Ok, let's work on this. I don't quite remember the origins of "stdin is open" (is this possible on POSIX at all?). It may be a Windows thing where it is possible not to have stdin at all but that only applies to GUI applications, which is clearly not the case here. If we conclude that stdin is always open (although, as you can see with nohup, it does not have to be readable) then we can skip all that language.
There is also some plan presumably (didn't read the code super carefully) to recheck a regular file via seek/read every N seconds. I hope this does not update atime, and in general I'm a little worried about the process doing things and using cpu and fs ops all the time when unison should be more or less quiescent. All of this makes me wonder about a command-line arg (not a preference) to enable the stdin checking behavior.
It's not as bad. select(2) is used, so no extra cpu or fs ops are consumed constantly/regularly. I specifically made sure that the process wouldn't do anything extra. If it does then it's a bug. I don't know about updating the atime but if you have redirected a file to stdin then you have requested yourself for that file to be read, so I'd say that's not a worry.

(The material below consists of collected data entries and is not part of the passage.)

-- ===== src/Store/Artifacts/Ledger.antt =====
-- Registering and removing artifacts in the cleanup ledger of db.py.
use text.Mathlib.TextPositions.{eq_refl}
use code_workflow.Prelude.{
  ℕ, ◌+◌, String, ◌≡◌, refl, ap, Option, some, Bool, true, false, ◌||◌, ◌&&◌, str_eq, any, arith,
  Bool-cases, Option-cases, inl, inr, is_none, get_or, strip,
}
use code_workflow.Prelude.Tables.{
  first_where, count_where, first-append, count-update_cleared, none_of_first, count-update_dropped,
}
use code_workflow.Store.Rows.{Store, Artifact, next_id}
use code_workflow.Store.Artifacts.{
  non_empty, stamp, is_open_artifact, Registered, row_id, artifact_row, register_artifact,
  is_removable, mark_artifact_removed, count_open_artifacts,
}

abbrev open_row : String → String → String → Store → Option Artifact
open_row session_key kind ref s =
    first_where (is_open_artifact session_key (non_empty kind "scratch") (strip ref)) s.artifacts

is_open_artifact-row :
    (id : ℕ) (session_key role kind ref : String) (t : ℕ)
    → is_open_artifact session_key kind ref (artifact_row id session_key role kind ref t) ≡ true
is_open_artifact-row id session_key role kind ref t =
    ground (arith, eq_refl session_key, eq_refl kind, eq_refl ref)

abbrev id_of : Registered → ℕ
id_of (row_id n) = n
id_of _ = 0

-- the arguments name a session and an artifact
abbrev is_nameless : String → String → Bool
is_nameless key ref = str_eq key "" || str_eq (strip ref) ""

-- What a registration that returned an id has left: the id is that of the open row.
registered_open :
    (now : ℕ) (key role kind ref : String) (created : Option ℕ) (s : Store) {n : ℕ}
    → (register_artifact now key role kind ref created s).1 ≡ row_id n
    → (is_nameless key ref ≡ false)
      × (a : Artifact) × (open_row key kind ref
            (register_artifact now key role kind ref created s).0
          ≡ some a)
      × (a.id ≡ n)
unfolding register_artifact
registered_open now key role kind ref created s {n} h = elim (Bool-cases (is_nameless key ref)) [
  | inl e ↦ cc (rw e at h)
  | inr e ↦ elim (Option-cases (open_row key kind ref s)) [
    | inr (a, old) ↦ rw (e, old) (refl, a, old, ap id_of (rw (e, old) at h))
    | inl new ↦ elim (Bool-cases (any (λ x. str_eq x.session_key key) s.sessions)) [
      | inr foreign ↦ cc (rw (e, new, foreign) at h)
      | inl stored ↦
          rw (e, new, stored)
            (
              refl,
              artifact_row _ key (non_empty role "system") (non_empty kind "scratch") (strip ref) _,
              first-append (is_open_artifact key (non_empty kind "scratch") (strip ref)) s.artifacts
                  _
                  (none_of_first (is_open_artifact key (non_empty kind "scratch") (strip ref))
                    s.artifacts new)
                  (is_open_artifact-row (next_id (λ (a : Artifact). a.id) s.artifacts) key
                    (non_empty role "system") (non_empty kind "scratch") (strip ref)
                    (stamp now created)),
              ap id_of (rw (e, new, stored) at h),
            )
    ]
  ]
]

-- Registration is idempotent: a second one of the same artifact, while the first is open, returns
-- the id of the first and changes nothing, whatever role and time it gives.
pub register_artifact_again :
    (now later : ℕ) (key role role' kind ref : String) (created created' : Option ℕ) (s : Store)
    {n : ℕ}
    → (register_artifact now key role kind ref created s).1 ≡ row_id n
    → let s' = (register_artifact now key role kind ref created s).0 in
      register_artifact later key role' kind ref created' s' ≡ (s', row_id n)
register_artifact_again now later key role role' kind ref created created' s {n} h =
    let (named, a, found, is_n) = registered_open now key role kind ref created s h in
    again (register_artifact now key role kind ref created s).0 named found is_n
  where
    again :
        (t : Store) {a : Artifact}
        → is_nameless key ref ≡ false
        → open_row key kind ref t ≡ some a
        → a.id ≡ n
        → register_artifact later key role' kind ref created' t ≡ (t, row_id n)
    again t {a} named found is_n =
        unfold register_artifact in rw (named, found) (ap (λ m. (t, row_id m)) is_n)

removed_open :
    (key ref : String) (kind : Option String) (a : Artifact)
    → is_removable key ref kind a ≡ true
    → (str_eq a.session_key key && is_none a.removed_at) ≡ true
removed_open key ref kind a h = ground arith

-- Marking an artifact removed reports how many open rows it closed, leaves none of these open, and
-- takes exactly that many off the session's open artifacts.
pub mark_artifact_removed_lem :
    (now : ℕ) (key ref : String) (kind : Option String) (at : Option ℕ) (s : Store)
    → (count_where
          (is_removable key ref kind)
          (mark_artifact_removed now key ref kind at s).0.artifacts
        ≡ 0)
      × (count_open_artifacts key (mark_artifact_removed now key ref kind at s).0
            + (mark_artifact_removed now key ref kind at s).1
          ≡ count_open_artifacts key s)
unfolding mark_artifact_removed count_open_artifacts
mark_artifact_removed_lem now key ref kind at s =
    let close = λ (a : Artifact). record a { removed_at = some (get_or now at) } in
    (
      count-update_cleared (is_removable key ref kind) close (λ a. ground arith) s.artifacts,
      count-update_dropped (is_removable key ref kind)
          (λ a. str_eq a.session_key key && is_none a.removed_at) close (removed_open key ref kind)
          (λ a. ground arith) s.artifacts,
    )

Edit: select(2) doesn't work on regular files -- of course... -- so there is a loop with 1 second interval to read from stdin if it's a regular file. That loop is active only during the wait between sync cycles; but this wait can be several hours long.
Please do split USR2 and we can merge that right away and maybe get some user testing.
It strikes me that the stdin mechanism is ending up a bit awkward. I see the reason for each step but it is still complicated.
I wonder if there is a way (that works on windows) to instead of the stdin mechanism, do:
unison <profile> -repeat -graceful-id 57 &
[long time later]
unison -graceful-stop 57
and have that under the covers (but the above is the interface spec) open a fifo (or regular file if it has to be on windows) in $UNISONHOME.
It doesn't have the "fg<CR>^D" simplicity, but it is very scriptable and straighforward. It avoids the race condition (assuming the 2nd command waits until the fifo appears, or gives up after a minute).